AC is basically going to come from high Dex and equipments and buffs, so this is an offense-heavy character. The basic strategy is to flank and go to town. In a pinch, Shatter Defenses allows him to demoralize opponents within 30 feet, then on the following round, unleash multiple attacks if anyone is foolish enough to remain in the area. This character doesn't have a lot of feat-based tactics, but instead relies on situation, sneak attack, and the advantages of large numbers of attacks (such as eating an AoO to perform multiple Sunder or Disarm attempts against Medium-sized foes).


----------



## udalrich (Mar 20, 2011)

To improve your AC and avoid the armor check penalty, you can go with master work studded leather (+3 AC, +0 ACP) and then upgrade to a mithral chain shirt (+4 AC, +0 ACP) as you get more money.

If you use the two weapon fighter variant from the APG, you also get a +1 dodge bonus to AC when you full attack.   (The rule seems to indicate that you need to use two weapons, not a double weapon, but most GM's should let you use a double weapon.)  That comes at the 3rd level of fighter.

Dodge and mobility are potentially good feats, but I would not go to Spring Attack, since it limits you to one attack per round and is not compatible with two/double weapon fighting.

Other feats that might be worth considering are nimble moves and fleet.  Being able to five foot step in difficult terrain means that you can always shift to set up the flank.  Fleet will occasionally be very useful, when you need 35 feet of movement to get into flanking position.  Or when someone tries to run away from you.

Straight rogue does have merits, but even a single level of fighter has merits.  It boosts your fort save (a weak point) and essentially gives you two bonus feats, since you no longer need to take martial weapon proficiency (orc double axe).


----------



## pawsplay (Mar 20, 2011)

Alternatively, you could take a single level of rogue for trapfinding, class skills, and skill points, but otherwise advance as a figher, perhaps using the Tempest variant. Also, double weapons are specified as working as if wielding two weapons, so any ability or trait that works with TWF works with a double weapons.


----------



## buddhafrog (Mar 20, 2011)

udalrich said:


> To improve your AC and avoid the armor check penalty, you can go with master work studded leather (+3 AC, +0 ACP) and then upgrade to a mithral chain shirt (+4 AC, +0 ACP) as you get more money.
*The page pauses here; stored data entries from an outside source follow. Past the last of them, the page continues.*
-- ===== src/Autopilot/Promotion.antt =====
-- `_promote_wonders` of backend/src/wandermind/application/autopilot_service.py.
use wander_mind.Prelude.{
  ℕ, ◌+◌, Bool, true, false, some, List, [], ◌∷◌, ◌==◌, is_some, if◌then◌else◌,
}
use wander_mind.Exec.{pure, raise, ◌>>=◌, ◌>>◌}
use wander_mind.Models.Enums.{WonderStatus}
use wander_mind.Models.Quality.{QualityGateResult, SkipReason}
use wander_mind.Models.Graph.{KnowledgeEdge}
use wander_mind.Models.Enums.{RelationType}
use wander_mind.Models.Thought.{KnowledgeItem, Wonder}
use wander_mind.Quality.{evaluate, with_lineage_quality}
use wander_mind.Autopilot.State.{
  Services, Pilot, Ingested, component_error, wonder_row, knowledge_row, edge_row, ask, write,
}

-- A wonder that the gate refuses.
unfoldable pub skipped_wonder : Wonder → QualityGateResult → Wonder
skipped_wonder wonder quality = record wonder {
  autopilot_quality_gate = some quality;
  autopilot_promotion_skipped = some SkipReason.quality_gate;
  status = WonderStatus.incubating;
}

unfoldable pub derived_from : ℕ → Wonder → ℕ → ℕ → KnowledgeEdge
derived_from edge_id wonder item_id source_id = record {
  id = edge_id;
  source_id = item_id;
  target_id = source_id;
  relation_type = RelationType.derived_from;
  weight = wonder.scores.total;
  confidence = wonder.confidence;
  created_by = "autopilot";
  wonder_id = some wonder.id;
}

module _ (v : Services) where
  unfoldable pub create_edge : Wonder → ℕ → ℕ → Pilot (Unit {0})
  unfolding derived_from
  create_edge wonder item_id source_id = do
    edge_id ← ask v.uuid4
    write (edge_row (derived_from edge_id wonder item_id source_id))

  -- The edges to the sources, but none of an item to itself.
  unfoldable pub create_edges : Wonder → ℕ → List ℕ → Pilot (Unit {0})
  unfolding create_edge
  create_edges wonder item_id [] = pure tt
  create_edges wonder item_id (source_id ∷ source_ids) = do
    if source_id == item_id then pure tt else create_edge wonder item_id source_id
    create_edges wonder item_id source_ids

  -- What follows the ingestion; the result is whether the wonder is counted as promoted.
  unfoldable pub finish_promotion : ℕ → Wonder → Ingested → Pilot Bool
  unfolding create_edges
  finish_promotion campaign_id wonder Ingested.failed = raise component_error
  finish_promotion campaign_id wonder (Ingested.duplicate reason) = do
    write (wonder_row (record wonder { autopilot_promotion_skipped = some reason }))
    pure false
  finish_promotion campaign_id wonder (Ingested.stored item) = do
    write (
        knowledge_row
          (record item { importance = wonder.scores.total; confidence = wonder.confidence }))
    create_edges wonder item.id wonder.source_items
    write (
        wonder_row (record wonder {
          autopilot_promoted_knowledge_id = some item.id;
          autopilot_campaign_id = some campaign_id;
        }))
    pure true

  unfoldable pub gate : List KnowledgeItem → Wonder → QualityGateResult
  gate knowledge wonder =
      with_lineage_quality (evaluate v.quality_policy wonder v.promotion_threshold) wonder knowledge

  unfoldable pub promote_gated : ℕ → Wonder → QualityGateResult → Pilot Bool
  unfolding skipped_wonder finish_promotion
  promote_gated campaign_id wonder quality =
      if quality.accepted
      then (do
        ingested ← ask (λ t. v.ingest_text t wonder quality)
        finish_promotion campaign_id (record wonder { autopilot_quality_gate = some quality })
            ingested)
      else (do write (wonder_row (skipped_wonder wonder quality)); pure false)

  -- One wonder; one that was promoted before is passed over.
  unfoldable pub promote_wonder : ℕ → List KnowledgeItem → Wonder → Pilot Bool
  unfolding promote_gated gate
  promote_wonder campaign_id knowledge wonder =
      if is_some wonder.autopilot_promoted_knowledge_id
      then pure false
      else promote_gated campaign_id wonder (gate knowledge wonder)

  unfoldable pub promote_each : ℕ → List KnowledgeItem → List Wonder → Pilot ℕ
  unfolding promote_wonder
  promote_each campaign_id knowledge [] = pure 0
  promote_each campaign_id knowledge (wonder ∷ wonders) = do
    promoted ← promote_wonder campaign_id knowledge wonder
    more ← promote_each campaign_id knowledge wonders
    pure ((if promoted then 1 else 0) + more)

  -- `_promote_wonders`
  unfoldable pub promote_wonders : ℕ → List Wonder → Pilot ℕ
  unfolding promote_each
  promote_wonders campaign_id wonders = do
    knowledge ← ask v.list_knowledge
    promote_each campaign_id knowledge wonders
Mithral chain shirt doesn't count as chain mail?


----------



## buddhafrog (Mar 20, 2011)

Thanks all.  Near the end of the 6 hour game today we leveled up to Lvl 3 (rogue 2).... 
... and then my character died.

I felt like I was getting a decent grasp on my character and how the builds work, and then he died.  I used 1/2 Orc ferocity to last one more round and attempted to drink a healing potion, and then got lit up by our first mini-BBEG.  Fortunately, I had just double hit including a critical the turn before (31 damage) and he died soon after.

This was my first character that ever died - mostly b/c this is the first I've played as a player since middle school 25 years ago.  I started to like my character, but now feel decent about rolling up a new character. 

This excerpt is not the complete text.